Navy SEAL Stephen Toboz back in Afghanistan
Sgt Jade Fry meets with local Afghan women in a voter registration center in Kandahar City. The presence of female soldiers displays America's resolve as a democracy to give equal rights to all its citizens
KARZAI'S COURAGE
In 2004, our FOX News team went back to Afghanistan to see how things had changed. Defying most of the critics in the so-called mainstream media, the people of what many considered to be an "impossible place to hold an election" had gone to the polls and chosen their first democratically elected leader.
For the first time in history, Afghan women went to the polls and cast ballots. They emerged triumphantly from the polling places with upraised purple index fingers or thumbs. In a live broadcast, I described it as the "indelible stain of democracy." Despite threats from Taliban propagandists and apologists that they would be killed for voting, people walked for miles—sometimes through minefields—just to cast their ballots.

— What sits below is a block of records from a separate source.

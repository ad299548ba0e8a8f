-- ===== src/Vm/Stack/Push.antt =====
-- What the loop of `push_list` leaves: the first elements of the list on the stack.
use kali_scheme.Prelude.{
  ℕ, suc, ◌+◌, ◌-◌, ◌*◌, ◌^◌, ◌≤◌, ◌<◌, ◌≡◌, ◌∙◌, sym, subst, ap, inr, List, [], ◌∷◌, ◌++◌, length,
  arith,
}
use mathlib.Core.List.{reverse_aux}
use kali_scheme.Heap.Memory.{Memory, store, store-out, load-store, load-lt, IsBytes, store-IsBytes}
use kali_scheme.Vm.Pair.{car, cdr}
use kali_scheme.Vm.Lists.{Holds}
use kali_scheme.Vm.Lists.Keep.{
  words, words-Agrees, Agrees, Agrees-trans, Agrees-wider, cdr-Agrees, Holds-Agrees,
}
use kali_scheme.Vm.Stack.{push_args}

-- The result of the loop for `n` words, with `k` words on the stack before: what is on the stack
-- then, from the top, and what is left of the list.
pub record Pushed (n k stack lo hi : ℕ) (m : Memory) (on_stack left : List ℕ) (r : ℕ × ℕ × Memory)
    : Type 0 where
  pub list : Holds lo hi r.2 r.0 left
  pub stack_after : r.1 + 4 * n ≡ stack
  pub on_top : words r.2 (r.1 + 4) (n + k) ≡ on_stack
  pub rest : Agrees lo (stack + 4) m r.2
  pub bytes : IsBytes r.2

pub store-Agrees :
    (lo hi : ℕ) (m : Memory) (a w : ℕ) → lo ≤ a → a + 4 ≤ hi → Agrees lo hi m (store m a w)
store-Agrees lo hi m a w l h x o = store-out m a w x (ground (arith, l, h, o))

module _ (m : Memory) (stack w : ℕ) (small : w < 2 ^ 32) (k : ℕ) (high : 4 ≤ stack) where
  pub words-store : words (store m stack w) (stack - 4 + 4) (suc k) ≡ w ∷ words m (stack + 4) k
  words-store =
      let at : stack - 4 + 4 ≡ stack = omega (arith, high) in
      ap (λ a. words (store m stack w) a (suc k)) at
      ∙ ap (λ v. v ∷ words (store m stack w) (stack + 4) k) (load-store m stack w small)
      ∙ ap (λ ws. w ∷ ws)
          (words-Agrees k stack (stack + 4) m (store m stack w) (stack + 4)
            (store-Agrees stack (stack + 4) m stack w (omega arith) (omega arith))
            (inr (omega arith)))

later :
    (n k stack lo hi w : ℕ) (m : Memory) (on_stack left : List ℕ) (r : ℕ × ℕ × Memory)
    → 4 ≤ stack
    → lo ≤ stack
    → Pushed n (suc k) (stack - 4) lo hi (store m stack w) on_stack left r
    → Pushed (suc n) k stack lo hi m on_stack left r
later n k stack lo hi w m on_stack left r high low p = record {
  list = p.list;
  stack_after = omega (arith, p.stack_after, high);
  on_top = ap (words r.2 (r.1 + 4)) (omega arith) ∙ p.on_top;
  rest =
      Agrees-trans lo (stack + 4) m (store m stack w) r.2
        (store-Agrees lo (stack + 4) m stack w low (omega arith))
        (Agrees-wider lo (stack - 4 + 4) lo (stack + 4) (store m stack w) r.2 (omega arith)
          (omega (arith, high)) p.rest);
  bytes = p.bytes;
}

-- The list `xs ++ ys` outside the words of the stack from `lo` on: the elements of `xs` are pushed
-- one after the other on the `k` words that were there, `ys` is left, and no byte but those of the
-- new words changes.
pub push_args-Pushed :
    (xs ys : List ℕ) (k l stack lo hi : ℕ) (m : Memory)
    → IsBytes m
    → lo + 4 * length xs ≤ stack + 4
    → 4 ≤ lo
    → stack + 4 ≤ hi
    → Holds lo hi m l (xs ++ ys)
    → Pushed
        (length xs)
        k
        stack
        lo
        hi
        m
        (reverse_aux xs (words m (stack + 4) k))
        ys
        (push_args (length xs) l stack m)
unfolding push_args
push_args-Pushed [] ys k l stack lo hi m bytes room low top list = record {
  list = list;
  stack_after = omega arith;
  on_top = ap (words m (stack + 4)) (omega arith);
  rest = λ x o i. m x;
  bytes = bytes;
}
push_args-Pushed (x ∷ xs) ys k l stack lo hi m bytes room low top (o, (p, (a, list))) =
    let w : ℕ = car m l in
    let m' : Memory = store m stack w in
    let same : Agrees lo hi m m' = store-Agrees lo hi m stack w (omega (arith, room)) top in
    let small : w < 2 ^ 32 = load-lt m (l - 3) bytes in
    let high : 4 ≤ stack = omega (arith, room, low) in
    let list' : Holds lo hi m' (cdr m' l) (xs ++ ys) =
      subst (λ d. Holds lo hi m' d (xs ++ ys)) (sym (cdr-Agrees lo hi m m' same l o))
        (Holds-Agrees lo hi m m' same (cdr m l) (xs ++ ys) list) in
    let after =
      push_args-Pushed xs ys (suc k) (cdr m' l) (stack - 4) lo hi m' (store-IsBytes m stack w bytes)
        (omega (arith, room)) low (omega (arith, top)) list' in
    later (length xs) k stack lo hi w m _ ys (push_args (length xs) (cdr m' l) (stack - 4) m') high
      (omega (arith, room))
      (subst
        (λ ws.
          Pushed (length xs) (suc k) (stack - 4) lo hi m' (reverse_aux xs ws) ys
            (push_args (length xs) (cdr m' l) (stack - 4) m'))
        (words-store m stack w small k high ∙ ap (λ v. v ∷ words m (stack + 4) k) a) after)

The result was the selection of Hamid Karzai, a tall, ascetic man as the leader of their Loya Jirga, or legislative body.
Hamid Karzai
Hamid Karzai was living in Quetta, Pakistan, in 1999 when his father was gunned down in cold blood. The killers were agents of the Taliban government in Karzai's native Afghanistan. The killing was a warning to Karzai. He had been working to see the former king, Zahir Shah, reinstated in power.

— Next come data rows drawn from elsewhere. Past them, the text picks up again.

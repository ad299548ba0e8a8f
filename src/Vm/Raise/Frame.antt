-- ===== src/Vm/Raise/Frame.antt =====
-- What the stack holds after the pushes of c/scheme48vm.c for a continuation and an exception.
pub mod Args
pub mod Called
use kali_scheme.Prelude.{
  ℕ, zero, suc, ◌+◌, ◌-◌, ◌*◌, ◌/◌, ◌%◌, ◌^◌, ◌≤◌, ◌<◌, ◌≡◌, ◌∙◌, sym, subst, ap, refl, ◌⊎◌, inl,
  inr, Bool, true, false, List, [], ◌∷◌, Option, none, some, arith, ltb, ◌==◌, if◌then◌else◌,
}
use kali_scheme.Heap.Memory.{Memory, load, store, load-store, load-store_apart}
use kali_scheme.Heap.Copy.{is_header, data_address}
use kali_scheme.Vm.Lists.Keep.{words, words-Agrees, Agrees, Agrees-trans, Agrees-wider, load-Agrees}
use kali_scheme.Vm.Stack.Push.{words-store, store-Agrees}
use kali_scheme.Vm.Raise.{
  Registers, push_word, push_continuation, program_counter, code_address, save_state, count_args,
  moved_header,
}

abbrev pub on_stack : (n : ℕ) → Registers → List ℕ
on_stack n r = words r.memory (r.stack + 4) n

pub push_word-on_stack :
    (x n : ℕ) (r : Registers)
    → x < 2 ^ 32
    → 4 ≤ r.stack
    → on_stack (suc n) (push_word x r) ≡ x ∷ on_stack n r
unfolding push_word
push_word-on_stack x n r small high = words-store r.memory r.stack x small n high

-- The five words of a continuation under the words that were on the stack.
module _ (m : Memory) (s v₁ v₂ v₃ v₄ v₅ : ℕ) where
  abbrev frame : Memory
  frame =
      store
        (store (store (store (store m (s + 4) v₁) (s + 8 + 4) v₃) (s + 8 + 8) v₄) (s + 8 + 12) v₅)
        (s + 8) v₂

  -- The memory after each of the first four stores.
  abbrev with_header : Memory
  with_header = store m (s + 4) v₁

  abbrev with_pc : Memory
  with_pc = store with_header (s + 8 + 4) v₃

  abbrev with_template : Memory
  with_template = store with_pc (s + 8 + 8) v₄

  abbrev with_env : Memory
  with_env = store with_template (s + 8 + 12) v₅

  pub frame-Agrees : Agrees (s + 4) (s + 24) m frame
  frame-Agrees x o =
      store-Agrees (s + 4) (s + 24) with_env (s + 8) v₂ (omega arith) (omega arith) x o
      ∙ store-Agrees (s + 4) (s + 24) with_template (s + 8 + 12) v₅ (omega arith) (omega arith) x o
      ∙ store-Agrees (s + 4) (s + 24) with_pc (s + 8 + 8) v₄ (omega arith) (omega arith) x o
      ∙ store-Agrees (s + 4) (s + 24) with_header (s + 8 + 4) v₃ (omega arith) (omega arith) x o
      ∙ store-Agrees (s + 4) (s + 24) m (s + 4) v₁ (omega arith) (omega arith) x o

  header-frame : v₁ < 2 ^ 32 → load frame (s + 4) ≡ v₁
  header-frame h =
      load-store_apart with_env (s + 8) v₂ (s + 4) (inl (omega arith))
      ∙ load-store_apart with_template (s + 8 + 12) v₅ (s + 4) (inl (omega arith))
      ∙ load-store_apart with_pc (s + 8 + 8) v₄ (s + 4) (inl (omega arith))
      ∙ load-store_apart with_header (s + 8 + 4) v₃ (s + 4) (inl (omega arith))
      ∙ load-store m (s + 4) v₁ h

  link-frame : v₂ < 2 ^ 32 → load frame (s + 4 + 4) ≡ v₂
  link-frame h = ap (load frame) (omega arith) ∙ load-store with_env (s + 8) v₂ h

  pc-frame : v₃ < 2 ^ 32 → load frame (s + 4 + 4 + 4) ≡ v₃
  pc-frame h =
      ap (load frame) (omega arith)
      ∙ load-store_apart with_env (s + 8) v₂ (s + 8 + 4) (inr (omega arith))
      ∙ load-store_apart with_template (s + 8 + 12) v₅ (s + 8 + 4) (inl (omega arith))
      ∙ load-store_apart with_pc (s + 8 + 8) v₄ (s + 8 + 4) (inl (omega arith))
      ∙ load-store with_header (s + 8 + 4) v₃ h

  template-frame : v₄ < 2 ^ 32 → load frame (s + 4 + 4 + 4 + 4) ≡ v₄
  template-frame h =
      ap (load frame) (omega arith)
      ∙ load-store_apart with_env (s + 8) v₂ (s + 8 + 8) (inr (omega arith))
      ∙ load-store_apart with_template (s + 8 + 12) v₅ (s + 8 + 8) (inl (omega arith))
      ∙ load-store with_pc (s + 8 + 8) v₄ h

  env-frame : v₅ < 2 ^ 32 → load frame (s + 4 + 4 + 4 + 4 + 4) ≡ v₅
  env-frame h =
      ap (load frame) (omega arith)
      ∙ load-store_apart with_env (s + 8) v₂ (s + 8 + 12) (inr (omega arith))
      ∙ load-store with_template (s + 8 + 12) v₅ h

  pub words-frame :
      (n : ℕ)
      → v₁ < 2 ^ 32
      → v₂ < 2 ^ 32
      → v₃ < 2 ^ 32
      → v₄ < 2 ^ 32
      → v₅ < 2 ^ 32
      → words frame (s + 4) (suc (suc (suc (suc (suc n)))))
        ≡ v₁ ∷ (v₂ ∷ (v₃ ∷ (v₄ ∷ (v₅ ∷ words m (s + 24) n))))
  words-frame n h₁ h₂ h₃ h₄ h₅ =
      let others : words frame (s + 4 + 4 + 4 + 4 + 4 + 4) n ≡ words m (s + 24) n =
        ap (λ a. words frame a n) (omega arith)
        ∙ words-Agrees n (s + 4) (s + 24) m frame (s + 24) frame-Agrees (inr (omega arith)) in
      cc (header-frame h₁, link-frame h₂, pc-frame h₃, template-frame h₄, env-frame h₅, others)

pub push_continuation-on_stack :
    (code_pointer size n : ℕ) (r : Registers)
    → 20 ≤ r.stack
    → r.cont < 2 ^ 32
    → r.template < 2 ^ 32
    → r.env < 2 ^ 32
    → on_stack (suc (suc (suc (suc (suc n))))) (push_continuation code_pointer size r)
      ≡ (4134 + size * 2 ^ 10) % 2 ^ 32
        ∷ (r.cont ∷ (program_counter code_pointer r ∷ (r.template ∷ (r.env ∷ on_stack n r))))
unfolding push_continuation
push_continuation-on_stack code_pointer size n r high hc ht he =
    let header : ℕ = (4134 + size * 2 ^ 10) % 2 ^ 32 in
    let pc : ℕ = program_counter code_pointer r in
    let place : r.stack - 20 + 24 ≡ r.stack + 4 = omega (arith, high) in
    words-frame r.memory (r.stack - 20) header r.cont pc r.template r.env n (omega arith) hc
      (omega arith) ht he
    ∙ ap (λ a. header ∷ (r.cont ∷ (pc ∷ (r.template ∷ (r.env ∷ words r.memory a n))))) place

The day his father was murdered was when Hamid Karzai dedicated his life to defeating the Taliban. And he didn't have to wait long to see his dream realized. Once the United States went to war in Afghanistan, Karzai emerged as a leader with the Northern Alliance forces, commanding a force of three thousand Pashtun fighters. With them, he helped wrest Kandahar from the Taliban and became the chairman of the transitional administration a month later when he met with other Afghan leaders in Bonn, Germany. Six months later, a council of tribal, civic, and religious leaders voted him the interim president of the country.
The road ahead promised to be rocky. He had his hands full trying to rebuild his nation, defeat the remnants of the Taliban, and dodge multiple assassination attempts. Two years later he won 55 percent of the vote for president in the first national election in Afghanistan's history. And all of this because American soldiers, sailors, airmen, and Marines were willing to fight back against those who had started a Jihad against us.